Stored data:
-- ===== src/Usage.antt =====
-- internal/gateway/usage.go: the usage tables, what a request adds to them, and the reports.
-- A table is its rows; SQLite's integers are numbers without a bound. A statement that fails is an
-- argument (`Faults`).
pub mod Extraction
pub mod Opening
pub mod Counting
pub mod Sums
pub mod Ledger
pub mod Reports
pub mod Answers
mod Tests
use shepard.Base.{
  ℕ, ◌+◌, ◌&&◌, ◌||◌, not, ◌==◌, nat_eq, string_eq, leb, if◌then◌else◌, String, Bool, true, false,
  Option, none, some, List, [], ◌∷◌, Map, lookup, insert,
}
use shepard.Base.Text.{text_lt, take_text}

-- The columns that both tables and both reports have.
pub record Totals : Type 0 where
  pub requests : ℕ
  pub errors : ℕ
  pub input_tokens : ℕ
  pub output_tokens : ℕ
  pub total_tokens : ℕ

abbrev pub no_totals : Totals
no_totals = record {
  requests = 0;
  errors = 0;
  input_tokens = 0;
  output_tokens = 0;
  total_tokens = 0;
}

abbrev pub add_totals : Totals → Totals → Totals
add_totals a b = record {
  requests = a.requests + b.requests;
  errors = a.errors + b.errors;
  input_tokens = a.input_tokens + b.input_tokens;
  output_tokens = a.output_tokens + b.output_tokens;
  total_tokens = a.total_tokens + b.total_tokens;
}

pub record Usage : Type 0 where
  pub totals : Totals
  pub last_request_at : ℕ
  pub last_upstream_code : ℕ

pub record DailyUsage : Type 0 where
  pub day : String
  pub client : String
  pub model : String
  pub totals : Totals

pub record PeriodUsage : Type 0 where
  pub period : String
  pub client : String
  pub model : String
  pub totals : Totals

pub record UsageDb : Type 0 where
  pub model_usage : Map Usage
  pub daily_usage : List DailyUsage

abbrev pub empty_db : UsageDb
empty_db = record { model_usage = []; daily_usage = [] }

-- A time in UTC: its nanoseconds, and its date as text.
pub record Instant : Type 0 where
  pub unix_nano : ℕ
  pub date : String

-- What `recordAt` writes: its arguments, and the tokens that `extractUsage` found.
pub record Entry : Type 0 where
  pub at : Instant
  pub client : String
  pub model : String
  pub status : ℕ
  pub tokens : ℕ × ℕ × ℕ

abbrev pub totals_of : Entry → Totals
totals_of e = record {
  requests = 1;
  errors = if leb 400 e.status then 1 else 0;
  input_tokens = e.tokens.0;
  output_tokens = e.tokens.1;
  total_tokens = e.tokens.2;
}

-- INSERT INTO model_usage … ON CONFLICT(model) DO UPDATE.
abbrev pub updated_usage : Entry → Option Usage → Usage
updated_usage e none = record {
  totals = totals_of e;
  last_request_at = e.at.unix_nano;
  last_upstream_code = e.status;
}
updated_usage e (some u) = record {
  totals = add_totals u.totals (totals_of e);
  last_request_at = e.at.unix_nano;
  last_upstream_code = e.status;
}

unfoldable pub upsert_model : Entry → Map Usage → Map Usage
upsert_model e rows = insert e.model (updated_usage e (lookup e.model rows)) rows

abbrev pub is_row_of : Entry → DailyUsage → Bool
is_row_of e row = row.day == e.at.date && row.client == e.client && row.model == e.model

-- INSERT INTO daily_usage … ON CONFLICT(day, client, model) DO UPDATE.
unfoldable pub upsert_daily : Entry → List DailyUsage → List DailyUsage
upsert_daily e [] =
    record { day = e.at.date; client = e.client; model = e.model; totals = totals_of e } ∷ []
upsert_daily e (row ∷ rows) =
    if is_row_of e row
    then record row { totals = add_totals row.totals (totals_of e) } ∷ rows
    else row ∷ upsert_daily e rows

-- Which statement of the transaction fails, if one does.
pub record Faults : Type 0 where
  pub begin_fails : Bool
  pub model_fails : Bool
  pub daily_fails : Bool
  pub commit_fails : Bool

-- An early return rolls the transaction back.
unfoldable pub record_entry : Faults → Entry → UsageDb → UsageDb
unfolding upsert_model upsert_daily
record_entry faults e db =
    if faults.begin_fails
    then db
    else if faults.model_fails
    then db
    else if faults.daily_fails
    then db
    else if faults.commit_fails
    then db
    else record {
      model_usage = upsert_model e db.model_usage;
      daily_usage = upsert_daily e db.daily_usage;
    }

-- `snapshot`: a query that fails reads as no usage.
unfoldable pub collect_usage : Map Usage → Map Usage
collect_usage [] = []
collect_usage ((model, usage) ∷ rows) = insert model usage (collect_usage rows)

unfoldable pub snapshot : Bool → UsageDb → Map Usage
unfolding collect_usage
snapshot query_fails db = if query_fails then [] else collect_usage db.model_usage

pub data Period : Type 0 where
  day month : Period

unfoldable pub parse_period : String → Option Period
parse_period s = if s == "day" then some day else if s == "month" then some month else none

-- `day`, or `substr(day, 1, 7)`.
unfoldable pub period_of : Period → String → String
period_of day date = date
period_of month date = take_text 7 date

abbrev pub is_asked : String → DailyUsage → Bool
is_asked client row = client == "" || row.client == client

abbrev pub has_key : String → String → String → PeriodUsage → Bool
has_key period client model item =
    item.period == period && item.client == client && item.model == model

-- ORDER BY period, client, model.
abbrev pub comes_before : PeriodUsage → PeriodUsage → Bool
comes_before a b =
    text_lt a.period b.period
    || a.period == b.period
      && (text_lt a.client b.client || a.client == b.client && text_lt a.model b.model)

-- GROUP BY: a row joins the group that has its key, or starts one in its place.
unfoldable pub add_to_groups : PeriodUsage → List PeriodUsage → List PeriodUsage
add_to_groups item [] = item ∷ []
add_to_groups item (group ∷ groups) =
    let later = group ∷ add_to_groups item groups in
    if has_key item.period item.client item.model group
    then record group { totals = add_totals group.totals item.totals } ∷ groups
    else if comes_before item group
    then item ∷ group ∷ groups
    else later

abbrev pub item_of : Period → DailyUsage → PeriodUsage
item_of period row = record {
  period = period_of period row.day;
  client = row.client;
  model = row.model;
  totals = row.totals;
}

unfoldable pub group_rows : Period → String → List DailyUsage → List PeriodUsage
unfolding add_to_groups period_of
group_rows period client [] = []
group_rows period client (row ∷ rows) =
    let rest = group_rows period client rows in
    if is_asked client row then add_to_groups (item_of period row) rest else rest

-- `periodSnapshot`: `none` where the source returns an error.
unfoldable pub period_snapshot : Bool → String → String → UsageDb → Option (List PeriodUsage)
unfolding parse_period group_rows
period_snapshot query_fails period client db = elim (parse_period period) [
  | none ↦ none
  | some p ↦ if query_fails then none else some (group_rows p client db.daily_usage)
]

What you are asked to do: Out of the data above, transcribe exactly and only the lines starting with the line that has "pub day : String" and going on through the line that has "output_tokens = e.tokens.1;", both included.

Result of the exercise:
  pub day : String
  pub client : String
  pub model : String
  pub totals : Totals

pub record PeriodUsage : Type 0 where
  pub period : String
  pub client : String
  pub model : String
  pub totals : Totals

pub record UsageDb : Type 0 where
  pub model_usage : Map Usage
  pub daily_usage : List DailyUsage

abbrev pub empty_db : UsageDb
empty_db = record { model_usage = []; daily_usage = [] }

-- A time in UTC: its nanoseconds, and its date as text.
pub record Instant : Type 0 where
  pub unix_nano : ℕ
  pub date : String

-- What `recordAt` writes: its arguments, and the tokens that `extractUsage` found.
pub record Entry : Type 0 where
  pub at : Instant
  pub client : String
  pub model : String
  pub status : ℕ
  pub tokens : ℕ × ℕ × ℕ

abbrev pub totals_of : Entry → Totals
totals_of e = record {
  requests = 1;
  errors = if leb 400 e.status then 1 else 0;
  input_tokens = e.tokens.0;
  output_tokens = e.tokens.1;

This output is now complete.